"Is this quirky enough for you?” he asked as the cat passed, hissing at Ethan on his way by.
“This is perfect!” Hannah gushed, dropping his hand to run her fingers over a pretty hardcover with foil details.
“Ethan!” a tall man with a bushy beard of curly red and gray hair appeared around a row of bookshelves. He set down the stack of books he carried and clasped Ethan’s hand in a firm shake. “How did Julie like those Sally the Dog books?”
“She loves them,” he said, his eyes lighting up in a way that seemed to be reserved for his granddaughter. “Especially the one on the farm.”
The tall man smiled. “If she likes farm books, I just got in a pop-up book she’ll love.”
Ethan started to follow him down an aisle, but hesitated, glancing back at Hannah. “Go,” she said, shooing him away. “I can look by myself.”
He nodded, sending her a soft, secret smile, before he followed the man to the children’s area in the back corner. Hannah watched for a moment as the cat wove between their legs, flopping on the pile of cushions with an imperious glare at Ethan, and the bookseller began pulling books off the shelves.
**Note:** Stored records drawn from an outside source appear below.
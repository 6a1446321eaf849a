-- ===== src/Gfs/Structure.antt =====
-- bdbackup/gfs/structure.py: the preparation of a chain's stage directories, and the snapshot of
-- the ledger that a run copies to them (bdbackup/gfs/runner.py).
use bdbackup.Base.{
  ℕ, suc, ◌+◌, Bool, true, false, not, ◌||◌, List, [], ◌∷◌, ◌++◌, if◌then◌else◌, ◌≡◌, All,
}
use bdbackup.Base.FilePath.{FilePath}
use bdbackup.Gfs.Stages.{Stage}

-- What stands at a stage path, and what can be done there.
pub record Directory : Type 0 where
  pub is_dir : Bool
  pub exists : Bool
  pub parent_is_dir : Bool
  pub can_create : Bool
  pub is_writable : Bool
  pub can_write_marker : Bool

pub data Prepared : Type 0 where
  kept created : Bool → Prepared
  not_a_directory no_parent cannot_create not_writable no_marker : Prepared

abbrev pub is_failure : Prepared → Bool
is_failure (kept _) = false
is_failure (created _) = false
is_failure _ = true

abbrev marked : Bool → (Bool → Prepared) → Directory → Prepared
marked wants done d =
    if not d.is_writable
    then not_writable
    else if not wants
    then done false
    else if d.can_write_marker
    then done true
    else no_marker

-- `_prepare`; the flag says whether a marker is wanted, and the result whether one was written.
unfoldable pub prepare : Bool → Directory → Prepared
prepare wants d =
    if d.is_dir
    then marked wants kept d
    else if d.exists
    then not_a_directory
    else if not d.parent_is_dir
    then no_parent
    else if not d.can_create
    then cannot_create
    else marked wants created d

-- The inner loop of `initialize`, for the paths of one stage: the report, and the flag `failed`, which
-- an exception sets. The paths of a job lie apart, so none is changed by the preparation of another.
unfoldable pub prepare_all :
    (FilePath → Directory) → Bool → List FilePath → Bool → List (FilePath × Prepared) × Bool
unfolding prepare
prepare_all at wants [] failed = ([], failed)
prepare_all at wants (p ∷ ps) failed =
    let result = prepare wants (at p) in
    let rest = prepare_all at wants ps (if is_failure result then true else failed) in
    ((p, result) ∷ rest.0, rest.1)

unfoldable pub prepare_stages :
    (FilePath → Directory) → Bool → List Stage → Bool → List (FilePath × Prepared) × Bool
unfolding prepare_all
prepare_stages at wants [] failed = ([], failed)
prepare_stages at wants (s ∷ ss) failed =
    let here = prepare_all at wants s.paths failed in
    let rest = prepare_stages at true ss here.1 in (here.0 ++ rest.0, rest.1)

-- `initialize`: the report and the exit code; the first stage gets no marker.
unfoldable pub initialize : (FilePath → Directory) → List Stage → List (FilePath × Prepared) × ℕ
unfolding prepare_stages
initialize at stages =
    let result = prepare_stages at false stages false in (result.0, if result.1 then 1 else 0)

-- `snapshot`'s body for one stage path: whether it is ready, and whether the copy and its
-- publication work. Only a success publishes the snapshot; a failed copy is removed again.
abbrev pub snapshot_fails : (FilePath → Bool) → (FilePath → Bool) → FilePath → Bool
snapshot_fails ready copies p = not (ready p) || not (copies p)

unfoldable pub count_failures : (FilePath → Bool) → (FilePath → Bool) → List FilePath → ℕ
count_failures ready copies [] = 0
count_failures ready copies (p ∷ ps) =
    let rest = count_failures ready copies ps in
    if snapshot_fails ready copies p then suc rest else rest

-- `snapshot`, for a ledger that exists: the failures over the paths of every later stage.
unfoldable pub snapshot : (FilePath → Bool) → (FilePath → Bool) → List Stage → ℕ
unfolding count_failures
snapshot ready copies [] = 0
snapshot ready copies (s ∷ []) = 0
snapshot ready copies (s ∷ t ∷ ss) =
    count_failures ready copies t.paths + snapshot ready copies (t ∷ ss)

-- Every path of every stage is prepared: without a marker in the first stage, with one in the others.
abbrev pub AllReady : (FilePath → Directory) → Bool → List Stage → Type 0
AllReady at wants [] = Unit
AllReady at wants (s ∷ ss) =
    All (λ p. is_failure (prepare wants (at p)) ≡ false) s.paths × AllReady at true ss

abbrev pub stage_paths : List Stage → List FilePath
stage_paths [] = []
stage_paths (s ∷ ss) = s.paths ++ stage_paths ss

abbrev reported : FilePath × Prepared → FilePath
reported x = x.0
Her stomach swooped when Ethan opened the cover of one and threw his head back, laughing, then glanced back to find her, holding up the book to show her the giant pop-up cow face from across the shop.
She watched a moment longer, until Ethan was fully engrossed in the business of choosing new books for his granddaughter, before she wandered off in search of her favorite part of any bookstore: the romance section.
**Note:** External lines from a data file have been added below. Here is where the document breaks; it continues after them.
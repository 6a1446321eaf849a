-- ===== src/History/Runs.antt =====
-- What a tracked run and the later checksums leave in the history.
use bdbackup.Base.{
  ℕ, ◌≡◌, refl, sym, subst, inl, inr, ◌⊎◌, Bool, true, false, Option, none, some, List, [], ◌∷◌,
  ◌++◌, String, str_eq_self, arith, All, In, ◌==◌, if◌then◌else◌, Bool-cases, Option-cases,
}
use bdbackup.Base.FilePath.{FilePath}
use bdbackup.Ledger.{RestoreInfo, unit_path}
use bdbackup.History.{
  Row, Database, Facts, Ended, returned, raised, failed, update_row, mark_failed, mark_success,
  started, run, is_available, fill, record_checksum, record_all,
}

-- No row has the id that the next one gets.
abbrev pub IsFresh : Database → Type 0
IsFresh db = All (λ r. (r.id == db.next_id) ≡ false) db.rows

update_row-append :
    (i : ℕ) (f : Row → Row) (rows : List Row) (r : Row)
    → All (λ q. (q.id == i) ≡ false) rows
    → (r.id == i) ≡ true
    → update_row i f (rows ++ (r ∷ [])) ≡ rows ++ (f r ∷ [])
unfolding update_row
update_row-append i f [] r a h = rw h refl
update_row-append i f (q ∷ rows) r (n, a) h = rw n (cc (update_row-append i f rows r a h))

success_is_available :
    (identity_of : FilePath → Option String) (f : Facts) (r : Row)
    → identity_of f.path ≡ some f.identity
    → is_available identity_of (mark_success f r) ≡ true
unfolding is_available
success_is_available identity_of f r e = ground (arith, str_eq_self f.identity)

-- What one finished run leaves: its row, at the end of the others.
abbrev pub Outcome :
    (FilePath → Option String) → Option Facts → String → Database → Ended × Database → Type 0
Outcome identity_of facts exception db (e, d) =
    (r : Row) × (d.rows ≡ db.rows ++ (r ∷ []))
    × (r.id ≡ db.next_id)
    × (((e ≡ returned) × (is_available identity_of r ≡ true))
        ⊎ ((e ≡ raised) × (facts ≡ none) × (r.status ≡ failed) × (r.error ≡ some exception)))

-- A tracked run is recorded truthfully. In a database of version 5 whose next id is fresh, if both
-- connections work, then a run adds exactly one row and keeps the others: either it returns and
-- that row is available as long as the backup keeps the identity that was read, or it raises, the
-- action failed, and the row is failed with the exception's name.
pub run-Outcome :
    (identity_of : FilePath → Option String) (job : String) (info : RestoreInfo)
    (facts : Option Facts) (exception : String) (db : Database)
    → db.version ≡ 5
    → IsFresh db
    → ((f : Facts) → facts ≡ some f → identity_of f.path ≡ some f.identity)
    → Outcome identity_of facts exception db (run true true job info facts exception db)
unfolding run
run-Outcome identity_of job info facts exception db v fresh known =
    subst
      (λ n.
        let d = record db { version = n } in
        Outcome identity_of facts exception d (run true true job info facts exception d))
      (sym v) (of_facts facts known)
  where
    self : (db.next_id == db.next_id) ≡ true
    self = ground arith

    current : Database
    current = record db { version = 5 }

    of_facts :
        (o : Option Facts)
        → ((f : Facts) → o ≡ some f → identity_of f.path ≡ some f.identity)
        → Outcome identity_of o exception current (run true true job info o exception current)
    of_facts none k = (
      mark_failed exception (started db job info),
      update_row-append db.next_id (mark_failed exception) db.rows (started db job info) fresh self,
      refl,
      inr (refl, refl, refl, refl),
    )
    of_facts (some f) k = (
      mark_success f (started db job info),
      update_row-append db.next_id (mark_success f) db.rows (started db job info) fresh self,
      refl,
      inl (refl, success_is_available identity_of f (started db job info) (k f refl)),
    )

fill-full : (u : FilePath) (digest c : String) (r : Row) → r.checksum ≡ some c → fill u digest r ≡ r
fill-full u digest c r e =
    subst
      (λ o. elim o [ none ↦ record r { unit = some u; checksum = some digest } | some _ ↦ r ] ≡ r)
      (sym e) refl

update_row-fill :
    (i : ℕ) (u : FilePath) (digest c : String) (r : Row) (rows : List Row)
    → r.checksum ≡ some c
    → In r rows
    → In r (update_row i (fill u digest) rows)
unfolding update_row
update_row-fill i u digest c r [] e m = elim m [ ]
update_row-fill i u digest c r (q ∷ rows) e (inl p) = inl (filled (q.id == i))
  where
    kept : fill u digest q ≡ r
    kept = subst (λ x. fill u digest x ≡ r) (sym p) (fill-full u digest c r e)

    filled : (b : Bool) → (if b then fill u digest q else q) ≡ r
    filled true = kept
    filled false = p
update_row-fill i u digest c r (q ∷ rows) e (inr m) = inr (update_row-fill i u digest c r rows e m)

module _ (identity_of checksum_of : FilePath → Option String) where
  record_checksum-cases :
      (q : Row) (rows : List Row)
      → ((record_checksum identity_of checksum_of q rows).1 ≡ rows)
        ⊎ ((u : FilePath) × (digest : String) × ((record_checksum identity_of checksum_of q rows).1
              ≡ update_row q.id (fill u digest) rows))
  unfolding record_checksum
  record_checksum-cases q rows = elim (Bool-cases (is_available identity_of q)) [
    | inr n ↦ inl (ground arith)
    | inl y ↦ elim (Option-cases q.path) [
      | inl n ↦ inl (ground arith)
      | inr (p, k) ↦ elim (Option-cases (unit_path p q.restore_info)) [
        | inl n ↦ inl (ground arith)
        | inr (u, h) ↦ elim (Option-cases (checksum_of p)) [
          | inl n ↦ inl (ground arith)
          | inr (digest, g) ↦ inr (u, digest, ground arith)
        ]
      ]
    ]
  ]

  record_checksum-keeps :
      (q r : Row) (c : String) (rows : List Row)
      → r.checksum ≡ some c
      → In r rows
      → In r (record_checksum identity_of checksum_of q rows).1
  record_checksum-keeps q r c rows e m = elim (record_checksum-cases q rows) [
    | inl k ↦ subst (In r) (sym k) m
    | inr (u, digest, k) ↦ subst (In r) (sym k) (update_row-fill q.id u digest c r rows e m)
  ]

  -- A recorded checksum is never changed: a row that has a checksum is still there, as it was, after
  -- `record_checksums`, if what other processes write meanwhile leaves that row alone.
  pub record_all-keeps :
      (meanwhile : ℕ → List Row → List Row) (r : Row) (c : String) (qs rows : List Row)
      → r.checksum ≡ some c
      → ((i : ℕ) (rs : List Row) → In r rs → In r (meanwhile i rs))
      → In r rows
      → In r (record_all identity_of checksum_of meanwhile qs rows).1
  unfolding record_all
  record_all-keeps meanwhile r c [] rows e k m = m
  record_all-keeps meanwhile r c (q ∷ qs) rows e k m =
      record_all-keeps meanwhile r c qs
        (record_checksum identity_of checksum_of q (meanwhile q.id rows)).1 e k
        (record_checksum-keeps q r c (meanwhile q.id rows) e (k q.id rows m))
Hannah had always believed you could tell a lot about a bookstore by its romance section. Too few romances and the owners were literary elitists—or prudes. But Plot Twist’s romance section was the stuff of dreams. An entire long aisle of shelves, lined on both sides with weathered paperbacks and sturdy hardcovers. There were Harlequins in a short, uniform line and larger contemporary romances with bright covers, historical romances with breathtaking paintings of the couples embracing inside the front cover and paranormal romances filled with werewolves and vampires. A treasure trove if she’d ever seen one.
Hannah trailed her fingers over the spines, plucking books from the shelf as she went, until at last she found a small selection of erotic historical romances by AK Wild. She’d only ever listened to Wild’s books in audio, but faced with their painterly covers, the defiant heroines rendered in swirls of gold and red against medieval landscapes, she could hardly stop herself from buying a few.
She pulled her favorite,The Lady’s Knights, from the shelf and flipped open the front cover, gasping when she saw the two-page image she’d only ever seen in fuzzy photos on the internet. A copy ofThe Lady’s Knightswith the stepback was hard to find—only a few thousand had been produced before the book had been redesigned—but there, in a little bookshop in Rhode Island, Hannah had found one, and it was even more beautiful than she’d imagined.
“What’d you find?” Ethan asked, coming up behind her, a stack of children’s books under one arm.
She closed the cover of the book quickly to hide the scandalous scene in the stepback, though she wasn’t exactly sure why. Ethan wasn’t likely to judge her for reading romance, unlike some people she’d dated in the past, but she still wasn’t sure she was ready for him to know about her love of kinky historicals.
“A romance novel,” she said, tilting the cover towards him. “It’s one of my favorites.”
His eyes went wide, but only for a fraction of a second before they pulled low over his brow. He cleared his throat. “You’ve read it before?” he asked.
“Mmhmm. I’ve listened to the audiobook at least four times, but—”
Ethan dropped his stack of children’s books, cursing under his breath, and bent down to gather them back up. He kept his eyes trained on the books on the floor. She knelt down beside him and helped gather the books, passing him a hardcover collection of Curious George stories. He mumbled his thanks but still didn’t look at her.
“Are you going to be weird about this?”
“I’m not being weird,” he said as he got to his feet.
She sighed. “You are. I didn’t take you for one of those guys who can’t handle a woman reading a romance novel.”
“What?” His eyes flew to hers, but only for a moment before he looked away again. “I’m not.”
“Then why won’t you look at me?”
“I’m—” He paused, his nostrils flaring, and then deliberately turned to look her in the eye. “Didn’t know you were an audiobook reader, that’s all.”
She rolled her eyes. “Don’t tell me you think listening to audiobooks doesn’t count as reading.”
“Fuck no. Of course, it counts.”
“Then what is this reaction?” She waved her hand in his direction.
“No reaction,” he said, catching her hand in his. “Get the book.”
“Not if you’re going to be weird about it.”
“Get the book, city girl,” he repeated slowly, his voice low. And good lord, that tone did something to her.
“You should get one too,” she said, inching closer to him.